Your instructions:
How many lines in the data below include the word "ChunkNode"? State the number alone.

Records for processing:

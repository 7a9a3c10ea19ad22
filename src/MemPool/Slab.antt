-- ===== src/MemPool/Slab.antt =====
-- A slab is the list of chunks that hold one message: built chunk by chunk, and given back whole.
use aoq.Prelude.{
  ℕ, zero, suc, ◌<◌, ◌∙◌, ap, ◌≡◌, refl, ◌≢◌, true, false, some, none, [], ◌∷◌, ◌++◌, arith, length,
  append_assoc, append-nil,
}
use aoq.Prelude.Int.{ℤ, pos, ◌-ℤ◌}
use aoq.Heap.{Ptr, null, Heap, ok, Returns, read, write, load, free}
use aoq.Heap.Chain.{
  node, Cells, first, last, has, Chain, Chain-frame, Disjoint, set_next, set_next-last, last-append,
  has-append,
}
use aoq.MemPool.{
  Chunk, ChunkNode, MemSlab, Mem, zeros, mpfree, insert_mem_slab, free_nodes, free_mem_slab,
}
use aoq.MemPool.Fill.{last-ne-null}
use aoq.MemPool.Pool.{IsPool, mpfree-Freed}

-- The slab at `s` holds the chunks `ys`.
pub record IsSlab (m : Mem) (s : Ptr) (ys : Cells Chunk) : Type 0 where
  pub ne_null : s ≢ null
  pub holds : read m.slabs s ≡ some (record { head_next = first ys; tail_next = last ys })
  pub chain : Chain m.chunks ys

-- The chunks of `ys` as `mpfree` leaves them, with `n` bytes each.
abbrev pub emptied : ℕ → Cells Chunk → Cells Chunk
emptied n [] = []
emptied n ((p, c) ∷ ys) = (p, zeros n) ∷ emptied n ys

-- `n - length ys`
abbrev pub less : ℤ → Cells Chunk → ℤ
less n [] = n
less n (y ∷ ys) = less (n -ℤ pos 1) ys

-- What `freeMemSlab` leaves of the slab at `s` with the chunks `ys`.
pub record Released (m : Mem) (s : Ptr) (xs ys : Cells Chunk) (m' : Mem) : Type 0 where
  pub pool : IsPool m' (xs ++ emptied m.mp.cksize ys)
  pub counted : m'.chunk_used_num ≡ less m.chunk_used_num ys
  pub cksize : m'.mp.cksize ≡ m.mp.cksize
  pub others : (t : Ptr) → t ≢ s → read m'.slabs t ≡ read m.slabs t
  pub same : (q : Ptr) → has q ys ≡ false → has q xs ≡ false → read m'.chunks q ≡ read m.chunks q

abbrev unlinked : Mem → Ptr → MemSlab → Ptr → Mem
unlinked m s r q = record m { slabs = write m.slabs s (some (record r { head_next = q })) }

free_nodes-last :
    (fuel : ℕ) (s : Ptr) (m : Mem) (r : MemSlab)
    → s ≢ null
    → read m.slabs s ≡ some r
    → r.head_next ≡ null
    → free_nodes (suc fuel) s m ≡ ok m
unfolding free_nodes load
free_nodes-last fuel s m r ne e h = ground arith

free_nodes-step :
    (fuel : ℕ) (s : Ptr) (m m' : Mem) (r : MemSlab) (p : Ptr) (c : Chunk) (q : Ptr)
    → s ≢ null
    → read m.slabs s ≡ some r
    → r.head_next ≡ p
    → p ≢ null
    → read m.chunks p ≡ some (node c q)
    → mpfree p (unlinked m s r q) ≡ ok m'
    → free_nodes (suc fuel) s m ≡ free_nodes fuel s m'
unfolding free_nodes load
free_nodes-step fuel s m m' r p c q ne e h np rp run = ground arith

ne_of_has : (q p : Ptr) (ys : Cells Chunk) → has q ys ≡ true → has p ys ≡ false → q ≢ p
ne_of_has q p ys i o e = cc (i, o, e)

ne_of_not_has : (q p : Ptr) (v : Chunk) (ys : Cells Chunk) → has q ((p, v) ∷ ys) ≡ false → q ≢ p
ne_of_not_has q p v ys o = ground arith

not_has_end :
    (q : Ptr) (xs : Cells Chunk) (p : Ptr) (c : Chunk)
    → has q xs ≡ false
    → q ≢ p
    → has q (xs ++ ((p, c) ∷ [])) ≡ false
not_has_end q xs p c o ne = ground (arith, has-append q xs ((p, c) ∷ []))

free_nodes-Released :
    (fuel : ℕ) (m : Mem) (s : Ptr) (r : MemSlab) (xs ys : Cells Chunk)
    → IsPool m xs
    → s ≢ null
    → read m.slabs s ≡ some r
    → r.head_next ≡ first ys
    → Chain m.chunks ys
    → Disjoint ys xs
    → length ys < fuel
    → Returns
        (free_nodes fuel s m)
        λ m'. Released m s xs ys m' × (r' : MemSlab) × (read m'.slabs s ≡ some r')
free_nodes-Released zero m s r xs ys is ne e h c apart lt = absurd (omega arith)
free_nodes-Released (suc fuel) m s r xs [] is ne e h c apart lt = (
  m,
  free_nodes-last fuel s m r ne e h,
  (
    record {
      pool = rw append-nil is;
      counted = refl;
      cksize = refl;
      others = λ t d. refl;
      same = λ q o o'. refl;
    },
    r,
    e,
  ),
)
free_nodes-Released (suc fuel) m s r xs ((p, v) ∷ ys) is ne e h (np, rp, out, c) apart lt =
    let m₀ : Mem = unlinked m s r (first ys) in
    let is₀ : IsPool m₀ xs = record {
      chain = is.chain;
      head = is.head;
      tail = is.tail;
      total = is.total;
    } in
    let (m₁, run₁, f) = mpfree-Freed p _ xs is₀ np rp (apart p (ground arith)) in
    let r₀ : MemSlab = record r { head_next = first ys } in
    let zs = xs ++ ((p, zeros m.mp.cksize) ∷ []) in
    let kept =
      Chain-frame m.chunks m₁.chunks ys c
        (λ q i. f.same q (ne_of_has q p ys i out) (apart q (ground arith))) in
    let e₁ : read m₁.slabs s ≡ some r₀ = rw f.slabs (unfold read in ground arith) in
    let (m₂, run₂, (rel, r₂, e₂)) =
      free_nodes-Released fuel m₁ s r₀ zs ys f.pool ne e₁ refl kept
        (λ q i. not_has_end q xs p _ (apart q (ground arith)) (ne_of_has q p ys i out))
        (omega arith) in
    (
      m₂,
      free_nodes-step fuel s m m₁ r p v (first ys) ne e h np rp run₁ ∙ run₂,
      (
        record {
          pool = rw (append_assoc, f.cksize) at rel.pool;
          counted = rw f.counted at rel.counted;
          cksize = rel.cksize ∙ f.cksize;
          others =
              λ t d. rel.others t d ∙ ap (λ h. read h t) f.slabs ∙ (unfold read in ground arith);
          same = λ q o o'.
              rel.same q (ground arith) (not_has_end q xs p _ o' (ne_of_not_has q p v ys o))
              ∙ f.same q (ne_of_not_has q p v ys o) o';
        },
        r₂,
        e₂,
      ),
    )

free_mem_slab-ok :
    (fuel : ℕ) (m m' : Mem) (s : Ptr) (r : MemSlab)
    → s ≢ null
    → free_nodes fuel s m ≡ ok m'
    → read m'.slabs s ≡ some r
    → free_mem_slab fuel s m ≡ ok (record m' { slabs = write m'.slabs s none })
unfolding free_mem_slab load free
free_mem_slab-ok fuel m m' s r ne run e = ground arith

-- With fuel beyond the number of a slab's chunks, none of which is free, `freeMemSlab` gives them all
-- back, cleared and in order, behind the free ones of a well-formed pool. It lowers the count of chunks
-- in use by their number, frees the slab, and changes no other slab or chunk.
pub free_mem_slab-Released :
    (fuel : ℕ) {m : Mem} (s : Ptr) (xs ys : Cells Chunk)
    → IsPool m xs
    → IsSlab m s ys
    → Disjoint ys xs
    → length ys < fuel
    → Returns (free_mem_slab fuel s m) λ m'. Released m s xs ys m' × (read m'.slabs s ≡ none)
free_mem_slab-Released fuel {m} s xs ys is slab apart lt =
    let (m', run, (rel, r, e)) =
      free_nodes-Released fuel m s _ xs ys is slab.ne_null slab.holds refl slab.chain apart lt in
    (
      _,
      free_mem_slab-ok fuel m m' s r slab.ne_null run e,
      (
        record {
          pool = record {
            chain = rel.pool.chain;
            head = rel.pool.head;
            tail = rel.pool.tail;
            total = rel.pool.total;
          };
          counted = rel.counted;
          cksize = rel.cksize;
          others = λ t d. unfold read in ground (arith, rel.others t d);
          same = rel.same;
        },
        unfold read in ground arith,
      ),
    )

insert_mem_slab-first :
    (s p : Ptr) (m : Mem) (r : MemSlab)
    → s ≢ null
    → read m.slabs s ≡ some r
    → r.head_next ≡ null
    → insert_mem_slab s p m
      ≡ ok (record m { slabs = write m.slabs s (some (record { head_next = p; tail_next = p })) })
unfolding insert_mem_slab load
insert_mem_slab-first s p m r ne e h = ground arith

insert_mem_slab-behind :
    (s p t : Ptr) (m : Mem) (r : MemSlab) (h : Heap ChunkNode)
    → s ≢ null
    → read m.slabs s ≡ some r
    → r.head_next ≢ null
    → t ≢ null
    → r.tail_next ≡ t
    → set_next m.chunks t p ≡ ok h
    → insert_mem_slab s p m
      ≡ ok (record m { chunks = h; slabs = write m.slabs s (some (record r { tail_next = p })) })
unfolding insert_mem_slab load
insert_mem_slab-behind s p t m r h ne e hn tn et run = ground arith

-- `insertMemSlab` puts a chunk with `next` at `NULL`, which is not in the slab, behind the chunks of the
-- slab. The pool, the count of chunks in use, the chunks outside the slab and the other slabs stay as they
-- were.
pub insert_mem_slab-IsSlab :
    {m : Mem} (s p : Ptr) (c : Chunk) (ys : Cells Chunk)
    → IsSlab m s ys
    → p ≢ null
    → read m.chunks p ≡ some (node c null)
    → has p ys ≡ false
    → Returns (insert_mem_slab s p m) λ m'.
      IsSlab m' s (ys ++ ((p, c) ∷ []))
      × (m'.mp ≡ m.mp)
      × (m'.chunk_used_num ≡ m.chunk_used_num)
      × ((q : Ptr) → has q ys ≡ false → read m'.chunks q ≡ read m.chunks q)
      × ((t : Ptr) → t ≢ s → read m'.slabs t ≡ read m.slabs t)
unfolding read
insert_mem_slab-IsSlab {m} s p c [] slab ne r out = (
  _,
  insert_mem_slab-first s p m _ slab.ne_null slab.holds refl,
  (
    record { ne_null = slab.ne_null; holds = ground arith; chain = (ne, r, refl, tt) },
    refl,
    refl,
    λ q o. refl,
    λ t d. ground arith,
  ),
)
insert_mem_slab-IsSlab {m} s p c ((q, v) ∷ ys) slab ne r out =
    let (h, run, (chain, same)) = set_next-last m.chunks (q, v) ys p c slab.chain ne r out in
    let tail = last-append ((q, v) ∷ ys) p c in
    (
      _,
      insert_mem_slab-behind s p (last ((q, v) ∷ ys)) m _ h slab.ne_null slab.holds (slab.chain.0)
          (last-ne-null m.chunks (q, v) ys slab.chain) refl run,
      (
        record { ne_null = slab.ne_null; holds = ground (arith, tail); chain = chain },
        refl,
        refl,
        same,
        λ t d. ground arith,
      ),
    )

Worked solution:
2